# Exercise 3 – English to Persian Translation with ICL and BLEU Evaluation

We created a small dataset of 10 English sentences with their Persian translations.  
The task is to use ICL (zero-shot, one-shot, few-shot) with different prompts on a model like Gemma, Aya, Lama, etc., to translate the sentences into Persian, then evaluate the outputs using BLEU score.  
We also compare the results with Google Translate.

In [5]:
!pip install transformers accelerate googletrans==4.0.0-rc1 sacrebleu huggingface_hub -q

In [6]:
from transformers import AutoTokenizer, AutoModelForCausalLM, pipeline
from huggingface_hub import login
from googletrans import Translator as GoogleTranslator
import sacrebleu

In [None]:
import huggingface_hub
# Replace the string below with your Hugging Face token locally
hf_token = 'put_your_token_here'
huggingface_hub.login(token=hf_token)

In [8]:
dataset = [
    ("I woke up early this morning.", "من امروز صبح زود بیدار شدم."),
    ("She is reading a very interesting book.", "او دارد یک کتاب بسیار جالب می‌خواند."),
    ("They went to the park to play football.", "آن‌ها برای بازی فوتبال به پارک رفتند."),
    ("We had dinner at a nice restaurant last night.", "دیشب در یک رستوران خوب شام خوردیم."),
    ("He doesn't like watching horror movies.", "او تماشای فیلم‌های ترسناک را دوست ندارد."),
    ("Can you help me with this math problem?", "می‌تونی تو حل این مسئله ریاضی بهم کمک کنی؟"),
    ("The weather is getting colder every day.", "هوا هر روز سردتر می‌شود."),
    ("I have never been to Paris.", "من هرگز به پاریس نرفته‌ام."),
    ("She always forgets where she puts her keys.", "او همیشه فراموش می‌کند کلیدهایش را کجا گذاشته."),
    ("We are planning a trip to the mountains.", "ما داریم یک سفر به کوهستان برنامه‌ریزی می‌کنیم.")
]

gemma

In [9]:
model_name = "google/gemma-2b-it"

tokenizer = AutoTokenizer.from_pretrained(model_name, token=hf_token)
model = AutoModelForCausalLM.from_pretrained(
    model_name,
    device_map="auto",
    torch_dtype="auto",
    token=hf_token
)

translator = pipeline(
    "text-generation",
    model=model,
    tokenizer=tokenizer,
    max_new_tokens=128,
    do_sample=False
)

`torch_dtype` is deprecated!
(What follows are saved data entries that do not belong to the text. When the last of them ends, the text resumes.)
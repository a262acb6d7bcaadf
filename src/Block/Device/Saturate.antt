-- ===== src/Block/Device/Saturate.antt =====
-- `take_work` of src/block.rs returns, and the loop of `run` that calls it takes what there is.
use libvirtio.Base.{
  ℕ, ◌+◌, ◌*◌, ◌^◌, ◌≤◌, ◌<◌, ◌≡◌, ◌⊎◌, inl, inr, refl, ap, ◌∙◌, Option, none, some, List, length,
  get_elem?, Option-cases, arith, ◌++◌, ◌-◌, length-append, length-set,
}
use libvirtio.Outcome.{Outcome, ok, err, panic, hang, ok_or, expect, >>=-eq-ok}
use libvirtio.State.{
  M, IsSettled, continue_with, continue_with-keeps, continue_with-settles, on_host, on_ends,
}
use libvirtio.Dma.Segments.{IsDisjoint}
use libvirtio.Lease.{Host}
use libvirtio.Queue.{VirtQueue, QueueState, DescriptorChain, new, pop}
use libvirtio.Queue.Pop.{taken}
use libvirtio.Device.{DeviceLayout, queue_at, on_state, validate_resources}
use libvirtio.Device.Ready.{queue_at-UsedFits, get_elem?-lt}
use libvirtio.Queue.Settled.{pop-IsSettled}
use libvirtio.Device.States.{on_state-IsSettled}
use libvirtio.Block.{BlockRequest}
use libvirtio.Block.Request.{parse_request}
use libvirtio.Block.Request.Frame.{ParsesBlock}
use libvirtio.Block.Request.Parse.{parse_request-ParsesBlock}
use libvirtio.Block.Device.{BlockDevice, BlockWork, BlockState, take_work, maximum_inflight, fill}
use libvirtio.Block.Device.Schedule.{fill-Fills, fill_settles}
use libvirtio.Block.Device.Idle.{IsIdle, parse, expect-some, take_work-none}

-- `take_work` keeps as many states of queues as there are, and returns for a queue that has one.
module _ {F : Type 0} (device : BlockDevice F) (l : DeviceLayout)
    (v : IsDisjoint device.resources.dma.segments)
    (accepted : validate_resources device.resources l ≡ ok tt) where
  abbrev HasStates : BlockState F → Type 0
  HasStates w = length w.1 ≡ l.queue_count

  on_state_keeps :
      {A : Type 0} (i : ℕ) (m : M (Host × QueueState) A) (w : BlockState F)
      → HasStates w
      → HasStates (on_ends (on_state i m) w).1
  unfolding on_state
  on_state_keeps i m w h = elim (Option-cases (get_elem? w.1 i)) [
    | inl e ↦ rw (on_state, e) h
    | inr (s, e) ↦ rw (on_state, e) (length-set w.1 i _ ∙ h)
  ]

  parse_keeps :
      (i : ℕ) (popped : Option DescriptorChain) (w : BlockState F)
      → HasStates w
      → HasStates (parse device v i w.0.0 w.0.1 w.1 popped w).1
  parse_keeps i none w h = h
  parse_keeps i (some chain) w h =
      continue_with-keeps HasStates (on_host (on_host (parse_request device.resources.dma chain)) w)
        _ h λ r w k. k

  take_work_keeps : (i : ℕ) (w : BlockState F) → HasStates w → HasStates (take_work device i w).1
  unfolding take_work
  take_work_keeps i w h =
      continue_with-keeps HasStates (ok_or (get_elem? device.resources.queues i) _, w) _ h
        λ q w h.
          continue_with-keeps HasStates (new q device.resources.dma, w) _ h
            λ queue w h.
              continue_with-keeps HasStates
                (on_ends (on_state i (pop queue device.resources.dma)) w) _
                (on_state_keeps i (pop queue device.resources.dma) w h)
                λ popped w h. parse_keeps i popped w h

  parse_request-IsSettled :
      (chain : DescriptorChain) (h : Host) (r : Outcome BlockRequest × Host)
      → ParsesBlock device.resources.dma chain h r
      → IsSettled r.0
  parse_request-IsSettled chain h (ok r, g) p = tt
  parse_request-IsSettled chain h (err e, g) p = tt
  parse_request-IsSettled chain h (panic, g) p = absurd p
  parse_request-IsSettled chain h (hang, g) p = absurd p

  parse_settles :
      (i : ℕ) (popped : Option DescriptorChain) (w : BlockState F)
      → IsSettled (parse device v i w.0.0 w.0.1 w.1 popped w).0
  parse_settles i none w = tt
  parse_settles i (some chain) w =
      continue_with-settles (on_host (on_host (parse_request device.resources.dma chain)) w) _
        (parse_request-IsSettled chain w.0.0 _
          (parse_request-ParsesBlock device.resources.dma chain w.0.0 v))
        λ r w e. tt

  take_work_lem :
      (i : ℕ) (w : BlockState F) (queue : VirtQueue)
      → queue_at device.resources i ≡ ok queue
      → take_work device i w
        ≡ continue_with
            (on_ends (on_state i (pop queue device.resources.dma)) w)
            (parse device v i w.0.0 w.0.1 w.1)
  unfolding take_work queue_at continue_with
  take_work_lem i w queue at =
      let (q, there, made) =
        >>=-eq-ok (expect (get_elem? device.resources.queues i)) (λ q. new q device.resources.dma)
          at in
      rw (expect-some (get_elem? device.resources.queues i) there, made) refl

  take_work_settles :
      (i : ℕ) (w : BlockState F)
      → i < l.queue_count
      → HasStates w
      → IsSettled (take_work device i w).0
  take_work_settles i w lt h =
      let (queue, at, _) = queue_at-UsedFits device.resources l v accepted i lt in
      let (s, slot) = get_elem?-lt w.1 i (rw h lt) in
      rw (take_work_lem i w queue at) (
        continue_with-settles (on_ends (on_state i (pop queue device.resources.dma)) w) _
          (on_state-IsSettled i (pop queue device.resources.dma) w.0.0 w.1 s slot
            (pop-IsSettled queue device.resources.dma v w.0.0 s))
          λ popped t e. parse_settles i popped t)

inflight_bounds : (queues : ℕ) → (1 ≤ maximum_inflight queues) × (maximum_inflight queues ≤ 64)
unfolding maximum_inflight
inflight_bounds queues = (ground arith, ground arith)

-- What the `while` loop of `run` is to do.
abbrev pub Saturates :
    {F : Type 0}
    → BlockDevice F
    → ℕ
    → List BlockWork
    → Outcome (List BlockWork × ℕ) × BlockState F
    → Type 0
Saturates device queues pending (ok (p, n), w) =
    (taken : List BlockWork) × (p ≡ pending ++ taken)
    × (length p ≤ maximum_inflight queues)
    × (1 ≤ maximum_inflight queues)
    × (maximum_inflight queues ≤ 64)
    × ((length p ≡ maximum_inflight queues) ⊎ ((i : ℕ) → i < queues → IsIdle device i w))
Saturates device queues pending (err e, w) = Unit {0}
Saturates device queues pending (panic, w) = ⊥
Saturates device queues pending (hang, w) = ⊥

module _ {F : Type 0} (device : BlockDevice F) (l : DeviceLayout)
    (v : IsDisjoint device.resources.dma.segments)
    (accepted : validate_resources device.resources l ≡ ok tt) (pending : List BlockWork)
    (few : length pending ≤ maximum_inflight l.queue_count) where
  abbrev room : ℕ
  room = maximum_inflight l.queue_count - length pending

  saturated :
      (next : ℕ) (w : BlockState F)
      → next + l.queue_count * room ≤ 2 ^ 64
      → (r : Outcome (List BlockWork × ℕ) × BlockState F)
      → fill (take_work device) l.queue_count room pending next w ≡ r
      → IsSettled r.0
      → Saturates device l.queue_count pending r
  saturated next w small (ok (p, n), w') e k =
      let (taken, added, bound, ends) =
        fill-Fills (take_work device) l.queue_count
          (λ i ((h, f), states) t k. (take_work-none device v i h f states k).0) room next pending w
          w' p n e small in
      let total = ap length added ∙ length-append pending taken in
      let (least, most) = inflight_bounds l.queue_count in
      (
        taken,
        added,
        omega (arith, few, bound, total),
        least,
        most,
        elim ends [
          | inl full ↦ inl (omega (arith, few, full, total))
          | inr quiet ↦ inr (λ i lt. (take_work-none device v i w'.0.0 w'.0.1 w'.1 (quiet i lt)).1)
        ],
      )
  saturated next w small (err x, w') e k = tt
  saturated next w small (panic, w') e k = absurd k
  saturated next w small (hang, w') e k = absurd k

  -- The `while` loop of `run` that takes work, for a virtio-blk device that has accepted its
  -- resources, over disjoint segments, with a state for each of its queues, of which there is one
  -- at least, with no more pending than the bound, and while the counter of queues is not about to
  -- wrap at 2 ^ 64: it returns. If it reports no error, what it has taken stands behind what was
  -- pending, no more is pending than the bound, which is between 1 and 64, and either as much is
  -- pending as the bound allows or no queue has anything left that the driver has made available.
  pub fill-Saturates :
      (next : ℕ) (w : BlockState F)
      → 0 < l.queue_count
      → length w.1 ≡ l.queue_count
      → next + l.queue_count * room ≤ 2 ^ 64
      → Saturates device l.queue_count pending
          (fill (take_work device) l.queue_count room pending next w)
  fill-Saturates next w some_queue states small = saturated next w small _ refl (
      fill_settles (take_work device) l.queue_count some_queue (HasStates device l v accepted)
        (take_work_keeps device l v accepted) (take_work_settles device l v accepted) room next
        pending w states)
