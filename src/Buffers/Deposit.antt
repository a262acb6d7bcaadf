-- ===== src/Buffers/Deposit.antt =====
-- Bytes laid over the guest's memory at a list of addresses, and that a write to the host's memory
-- does that.
use libvirtio.Base.{
  ℕ, zero, suc, ◌+◌, ◌≤◌, ◌≡◌, ◌≢◌, inl, inr, refl, sym, ap, ◌∙◌, true, false, List, [], ◌∷◌, ◌++◌,
  map, Option, some, arith, All, Option-cases, length, take, drop, range_from, cons_eq,
  if◌then◌else◌, ◌==◌,
}
use native.Mathlib.Decide.{ℕ_discrete}
use libvirtio.Dma.{DmaMemory}
use libvirtio.Dma.Translate.{host_address}
use libvirtio.Lease.{Host, update, store}
use libvirtio.Lease.Read.{guest_byte}
use libvirtio.Lease.Write.{NoAlias, poke, update_ne, update_eq}

-- `f` with `b` at the guest's address `a`.
abbrev pub overlay : (ℕ → Option ℕ) → ℕ → ℕ → ℕ → Option ℕ
overlay f a b x = if a == x then some b else f x

-- The bytes at the addresses, one by one; a later byte at an address hides an earlier one.
unfoldable pub deposit : (ℕ → Option ℕ) → List ℕ → List ℕ → ℕ → Option ℕ
deposit f [] bs = f
deposit f (a ∷ xs) [] = f
deposit f (a ∷ xs) (b ∷ bs) = deposit (overlay f a b) xs bs

pub deposit_nil : (f : ℕ → Option ℕ) (xs : List ℕ) → deposit f xs [] ≡ f
unfolding deposit
deposit_nil f [] = refl
deposit_nil f (a ∷ xs) = refl

overlay-congr : (f g : ℕ → Option ℕ) (a b x : ℕ) → f x ≡ g x → overlay f a b x ≡ overlay g a b x
overlay-congr f g a b x e = ap (λ o. if a == x then some b else o) e

pub deposit-congr :
    (xs bs : List ℕ) (f g : ℕ → Option ℕ)
    → ((x : ℕ) → f x ≡ g x)
    → (x : ℕ) → deposit f xs bs x ≡ deposit g xs bs x
unfolding deposit
deposit-congr [] bs f g e x = e x
deposit-congr (a ∷ xs) [] f g e x = e x
deposit-congr (a ∷ xs) (b ∷ bs) f g e x =
    deposit-congr xs bs (overlay f a b) (overlay g a b) (λ y. overlay-congr f g a b y (e y)) x

pub deposit-append :
    (xs cs bs : List ℕ) (f : ℕ → Option ℕ)
    → deposit f (xs ++ cs) bs ≡ deposit (deposit f xs bs) cs (drop (length xs) bs)
unfolding deposit
deposit-append [] cs bs f = refl
deposit-append (a ∷ xs) cs [] f = sym (deposit_nil f cs)
deposit-append (a ∷ xs) cs (b ∷ bs) f = deposit-append xs cs bs (overlay f a b)

-- Bytes for each half of the addresses.
pub deposit_halves :
    (xs ys bs cs : List ℕ) (f : ℕ → Option ℕ)
    → length xs ≡ length bs
    → deposit f (xs ++ ys) (bs ++ cs) ≡ deposit (deposit f xs bs) ys cs
unfolding deposit
deposit_halves [] ys [] cs f e = refl
deposit_halves [] ys (b ∷ bs) cs f e = absurd (omega arith)
deposit_halves (x ∷ xs) ys [] cs f e = absurd (omega arith)
deposit_halves (x ∷ xs) ys (b ∷ bs) cs f e =
    deposit_halves xs ys bs cs (overlay f x b) (omega arith)

pub deposit_outside :
    (xs bs : List ℕ) (f : ℕ → Option ℕ) (x : ℕ) → All (λ a. a ≢ x) xs → deposit f xs bs x ≡ f x
unfolding deposit
deposit_outside [] bs f x h = refl
deposit_outside (a ∷ xs) [] f x h = refl
deposit_outside (a ∷ xs) (b ∷ bs) f x (ne, h) =
    deposit_outside xs bs (overlay f a b) x h ∙ ground (arith, ne)

equal_lem : (g x : ℕ) → g ≡ x → (g == x) ≡ true
equal_lem g x e = ground arith

unequal_lem : (g x : ℕ) → g ≢ x → (g == x) ≡ false
unequal_lem g x e = ground arith

module _ (memory : DmaMemory) (distinct : NoAlias memory.segments) where
  guest_byte-update :
      (h : Host) (a b g x : ℕ)
      → host_address memory.segments g ≡ some a
      → guest_byte memory (record h { ram = update h.ram a b }) x
        ≡ overlay (guest_byte memory h) g b x
  unfolding guest_byte
  guest_byte-update h a b g x e = elim (ℕ_discrete g x) [
    | yes same ↦
        rw (sym (ap (host_address memory.segments) same) ∙ e, equal_lem g x same)
          (ap some (update_eq h.ram a b a refl))
    | no other ↦ elim (Option-cases (host_address memory.segments x)) [
      | inl missing ↦ rw (missing, unequal_lem g x other) refl
      | inr (c, there) ↦
          rw (there, unequal_lem g x other)
            (ap some (update_ne h.ram a b c λ s. other (distinct g x c (e ∙ ap some s) there)))
    ]
  ]

  pub guest_byte-poke :
      (hosts guests bs : List ℕ) (h : Host)
      → map some hosts ≡ map (host_address memory.segments) guests
      → (x : ℕ)
      → guest_byte memory (record h { ram = poke h.ram hosts bs }) x
        ≡ deposit (guest_byte memory h) guests bs x
  unfolding deposit
  guest_byte-poke [] [] bs h e x = refl
  guest_byte-poke [] (g ∷ guests) bs h e x = cc
  guest_byte-poke (a ∷ hosts) [] bs h e x = cc
  guest_byte-poke (a ∷ hosts) (g ∷ guests) [] h e x = refl
  guest_byte-poke (a ∷ hosts) (g ∷ guests) (b ∷ bs) h e x =
      let (here, rest) = cons_eq e in
      guest_byte-poke hosts guests bs (record h { ram = update h.ram a b }) rest x
      ∙ deposit-congr guests bs _ (overlay (guest_byte memory h) g b)
          (λ y. guest_byte-update h a b g y (sym here)) x

-- What a part takes of the bytes left, and what of them is written once they run out.
pub store-poke_part :
    (bs : List ℕ) (n a : ℕ) (ys : List ℕ) (ram : ℕ → ℕ)
    → length bs ≤ n
    → store ram a bs ≡ poke ram (range_from a n ++ ys) bs
unfolding store
store-poke_part [] zero a [] ram h = refl
store-poke_part [] zero a (y ∷ ys) ram h = refl
store-poke_part [] (suc n) a ys ram h = refl
store-poke_part (b ∷ bs) zero a ys ram h = absurd (omega arith)
store-poke_part (b ∷ bs) (suc n) a ys ram h =
    store-poke_part bs n (a + 1) ys (update ram a b) (omega arith)

pub poke_nil : (xs : List ℕ) (ram : ℕ → ℕ) → poke ram xs [] ≡ ram
poke_nil [] ram = refl
poke_nil (x ∷ xs) ram = refl

pub take_all : (n : ℕ) (bs : List ℕ) → length bs ≤ n → take n bs ≡ bs
take_all zero [] h = refl
take_all zero (b ∷ bs) h = absurd (omega arith)
take_all (suc n) [] h = refl
take_all (suc n) (b ∷ bs) h = ap (◌∷◌ b) (take_all n bs (omega arith))

pub drop_all : (n : ℕ) (bs : List ℕ) → length bs ≤ n → drop n bs ≡ []
drop_all zero [] h = refl
drop_all zero (b ∷ bs) h = absurd (omega arith)
drop_all (suc n) [] h = refl
drop_all (suc n) (b ∷ bs) h = drop_all n bs (omega arith)
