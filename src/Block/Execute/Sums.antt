-- ===== src/Block/Execute/Sums.antt =====
-- The lengths that `execute_blocking` sums: those of the buffers.
use libvirtio.Base.{
  ℕ, ◌+◌, ◌^◌, ◌≡◌, inl, inr, refl, sym, ap, ◌∙◌, Bool, true, false, ◌&&◌, List, [], ◌∷◌, ◌++◌,
  none, some, arith, ltb, Bool-cases, Option-cases, length, length-append, length-range_from,
  range_from,
}
use mathlib.Core.List.{append_assoc}
use libvirtio.Dma.{DmaPart}
use libvirtio.Dma.Translate.{part_addresses}
use libvirtio.Block.Execute.{sum_parts, sum_leases, sum_used, buffers}

pub part_addresses-append :
    (ps qs : List DmaPart) → part_addresses (ps ++ qs) ≡ part_addresses ps ++ part_addresses qs
part_addresses-append [] qs = refl
part_addresses-append (p ∷ ps) qs =
    ap (λ xs. range_from p.base p.length ++ xs) (part_addresses-append ps qs)
    ∙ sym (append_assoc (range_from p.base p.length) (part_addresses ps) (part_addresses qs))

some_eq : {a b : ℕ} → some a ≡ some b → b ≡ a
some_eq e = cc

module _ (p : DmaPart) (ps : List DmaPart) (total : ℕ) where
  measured : length (part_addresses (p ∷ ps)) ≡ p.length + length (part_addresses ps)
  measured = rw (length-append, length-range_from)

  sum_over : ltb (total + p.length) (2 ^ 64) ≡ false → sum_parts total (p ∷ ps) ≡ none
  unfolding sum_parts
  sum_over e = rw (sum_parts, e) refl

  sum_step :
      ltb (total + p.length) (2 ^ 64) ≡ true
      → sum_parts total (p ∷ ps) ≡ sum_parts (total + p.length) ps
  unfolding sum_parts
  sum_step e = rw (sum_parts, e) refl

  abbrev small : Bool
  small = ltb p.length (2 ^ 32) && ltb (total + p.length) (2 ^ 32)

  used_over : small ≡ false → sum_used total (p ∷ ps) ≡ none
  unfolding sum_used
  used_over e = rw (sum_used, e) refl

  used_step : small ≡ true → sum_used total (p ∷ ps) ≡ sum_used (total + p.length) ps
  unfolding sum_used
  used_step e = rw (sum_used, e) refl

pub sum_parts_sound :
    (ps : List DmaPart) (total : ℕ) {n : ℕ}
    → sum_parts total ps ≡ some n
    → n ≡ total + length (part_addresses ps)
unfolding sum_parts
sum_parts_sound [] total e = omega (arith, some_eq e)
sum_parts_sound (p ∷ ps) total e = elim (Bool-cases (ltb (total + p.length) (2 ^ 64))) [
  | inl b ↦
      let rest = sum_parts_sound ps (total + p.length) (sym (sum_step p ps total b) ∙ e) in
      omega (arith, rest, measured p ps total)
  | inr b ↦ let wrong = sym (sum_over p ps total b) ∙ e in cc
]

pub sum_used_sound :
    (ps : List DmaPart) (total : ℕ) {n : ℕ}
    → sum_used total ps ≡ some n
    → n ≡ total + length (part_addresses ps)
unfolding sum_used
sum_used_sound [] total e = omega (arith, some_eq e)
sum_used_sound (p ∷ ps) total e = elim (Bool-cases (small p ps total)) [
  | inl b ↦
      let rest = sum_used_sound ps (total + p.length) (sym (used_step p ps total b) ∙ e) in
      omega (arith, rest, measured p ps total)
  | inr b ↦ let wrong = sym (used_over p ps total b) ∙ e in cc
]

module _ (ps : List DmaPart) (pss : List (List DmaPart)) (total : ℕ) where
  leases_over : sum_parts total ps ≡ none → sum_leases total (ps ∷ pss) ≡ none
  unfolding sum_leases
  leases_over e = rw (sum_leases, e) refl

  leases_step :
      {m : ℕ} → sum_parts total ps ≡ some m → sum_leases total (ps ∷ pss) ≡ sum_leases m pss
  unfolding sum_leases
  leases_step e = rw (sum_leases, e) refl

  measured_leases :
      length (part_addresses (buffers (ps ∷ pss)))
      ≡ length (part_addresses ps) + length (part_addresses (buffers pss))
  unfolding buffers
  measured_leases =
      ap length (part_addresses-append ps (buffers pss))
      ∙ length-append (part_addresses ps) (part_addresses (buffers pss))

pub sum_leases_sound :
    (pss : List (List DmaPart)) (total : ℕ) {n : ℕ}
    → sum_leases total pss ≡ some n
    → n ≡ total + length (part_addresses (buffers pss))
unfolding sum_leases buffers
sum_leases_sound [] total e = omega (arith, some_eq e)
sum_leases_sound (ps ∷ pss) total e = elim (Option-cases (sum_parts total ps)) [
  | inl k ↦ let wrong = sym (leases_over ps pss total k) ∙ e in cc
  | inr (m, k) ↦
      let rest = sum_leases_sound pss m (sym (leases_step ps pss total k) ∙ e) in
      let one = sum_parts_sound ps total k in omega (arith, rest, one, measured_leases ps pss total)
]
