-- ===== src/Block/Execute/Leases.antt =====
-- Several leases held at once: what `with_leases` hands to its block.
use libvirtio.Base.{
  ℕ, suc, ◌+◌, ◌-◌, ◌≡◌, ◌⊎◌, inl, inr, refl, sym, ap, ap₂, ◌∙◌, List, [], ◌∷◌, ◌++◌, map, some,
  arith, length, range_from,
}
use mathlib.Core.List.{map-append}
use libvirtio.Error.{DeviceError}
use libvirtio.Outcome.{Outcome, err}
use libvirtio.State.{M}
use libvirtio.Dma.{DmaRange, DmaPart, DmaMemory}
use libvirtio.Dma.Segments.{IsDisjoint}
use libvirtio.Dma.Translate.{host_address, part_addresses}
use libvirtio.Lease.{Host}
use libvirtio.Lease.Held.{held, dropped, with_leases, lease_cases}
use libvirtio.Block.Execute.{buffers}
use libvirtio.Block.Execute.Sums.{part_addresses-append}

-- The guest addresses of the ranges, in order.
unfoldable pub covered : List DmaRange → List ℕ
covered [] = []
covered (r ∷ rs) = range_from r.gpa r.length ++ covered rs

-- `n` leases more held, and `n` dropped.
abbrev pub holding : ℕ → Host → Host
holding n h = record h { active = h.active + n }

abbrev pub dropping : {T A : Type 0} → ℕ → Outcome A × (Host × T) → Outcome A × (Host × T)
dropping n (o, (h, t)) = (o, (record h { active = h.active - n }, t))

holding_none : (h : Host) → holding 0 h ≡ h
holding_none h = ap (λ n. record h { active = n }) (omega arith)

holding-suc : (n : ℕ) (h : Host) → holding n (held h) ≡ holding (suc n) h
holding-suc n h = ap (λ n. record h { active = n }) (omega arith)

pub counted : (h : Host) → record h { active = h.active + 1 - 1 } ≡ h
counted h = ap (λ n. record h { active = n }) (omega arith)

module _ (memory : DmaMemory) (v : IsDisjoint memory.segments) {T A : Type 0} where
  dropping_none : (r : Outcome A × (Host × T)) → dropping 0 r ≡ r
  dropping_none (o, (h, t)) = ap (λ n. (o, (record h { active = n }, t))) (omega arith)

  dropping-suc : (n : ℕ) (r : Outcome A × (Host × T)) → dropped (dropping n r) ≡ dropping (suc n) r
  dropping-suc n (o, (h, t)) = ap (λ n. (o, (record h { active = n }, t))) (omega arith)

  -- One of the leases is refused and nothing has changed, or the block has run with the parts of
  -- all of them, which are those of the ranges in order.
  pub with_leases_cases :
      (rs : List DmaRange) (body : List (List DmaPart) → M (Host × T) A) (h : Host) (t : T)
      → ((x : DeviceError) × (with_leases memory rs body (h, t) ≡ (err x, (h, t))))
        ⊎ ((pss : List (List DmaPart)) × (map some (part_addresses (buffers pss))
              ≡ map (host_address memory.segments) (covered rs))
            × (with_leases memory rs body (h, t)
                ≡ dropping (length rs) (body pss (holding (length rs) h, t))))
  unfolding with_leases covered buffers
  with_leases_cases [] body h t =
      inr ([], refl, sym (dropping_none _ ∙ ap (λ h. body [] (h, t)) (holding_none h)))
  with_leases_cases (r ∷ rs) body h t =
      elim (lease_cases memory r (λ ps. with_leases memory rs (λ pss. body (ps ∷ pss))) h t v) [
        | inl (x, e) ↦ inl (x, e)
        | inr (ps, granted, e) ↦ elim (with_leases_cases rs (λ pss. body (ps ∷ pss)) (held h) t) [
          | inl (x, k) ↦ inl (x, e ∙ ap dropped k ∙ ap (λ h. (err x, (h, t))) (counted h))
          | inr (pss, there, k) ↦ inr (
            ps ∷ pss,
            ap (map some) (part_addresses-append ps (buffers pss))
                ∙ map-append some (part_addresses ps) (part_addresses (buffers pss))
                ∙ ap₂ ◌++◌ granted.there there
                ∙ sym (
                    map-append (host_address memory.segments) (range_from r.gpa r.length)
                      (covered rs)),
            e
                ∙ ap dropped k
                ∙ dropping-suc (length rs) _
                ∙ ap (λ h. dropping (suc (length rs)) (body (ps ∷ pss) (h, t)))
                    (holding-suc (length rs) h),
          )
        ]
      ]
Use `dtype` instead!


Loading checkpoint shards:   0%|          | 0/2 [00:00<?, ?it/s]

Device set to use cuda:0
The following generation flags are not valid and may be ignored: ['temperature']. Set `TRANSFORMERS_VERBOSITY=info` for more details.


We can observe the results using all three ICL methods with different prompts.
The model was run with three different prompts, and in each one we explicitly emphasized using only Persian words.
Despite this, some non-Persian words still appeared.
However, when a more explicit prompt was used, the BLEU score improved slightly.

In [None]:

# Zero-shot:
def make_zero_shot_prompt(eng):
    return f"Translate the following English sentence into Persian.\nEnglish: {eng}\nPersian:"

# One-shot:
def make_one_shot_prompt(eng):
    example_eng, example_per = dataset[0]
    return f"""Translate the following English sentences into Persian.
Output only the Persian translation. No English, no explanation.

English: {example_eng}
Persian: {example_per}

English: {eng}
Persian:"""

# Few-shot:
def make_few_shot_prompt(eng):
    examples = """Translate the following English sentences into Persian.
Output only the Persian translation. No English, no explanation.
"""
    for e, p in dataset[:3]:
        examples += f"\nEnglish: {e}\nPersian: {p}\n"
    examples += f"\nEnglish: {eng}\nPersian:"
    return examples




def translate_with_prompt(make_prompt_func, name):
    outputs = []
    for eng, _ in dataset:
        prompt = make_prompt_func(eng)
        result = translator(prompt)[0]["generated_text"].split("Persian:")[-1].strip()
        outputs.append(result)
    print(f"\n=== {name} TRANSLATIONS ===")
    for i, (eng, _) in enumerate(dataset):
        print(f"\n{i+1}.  English: {eng}")
        print(f"    Persian ({name}): {outputs[i]}")
        print("-" * 60)
    return outputs



results_zero = translate_with_prompt(make_zero_shot_prompt, "ZERO-SHOT")
results_one = translate_with_prompt(make_one_shot_prompt, "ONE-SHOT")
results_few = translate_with_prompt(make_few_shot_prompt, "FEW-SHOT")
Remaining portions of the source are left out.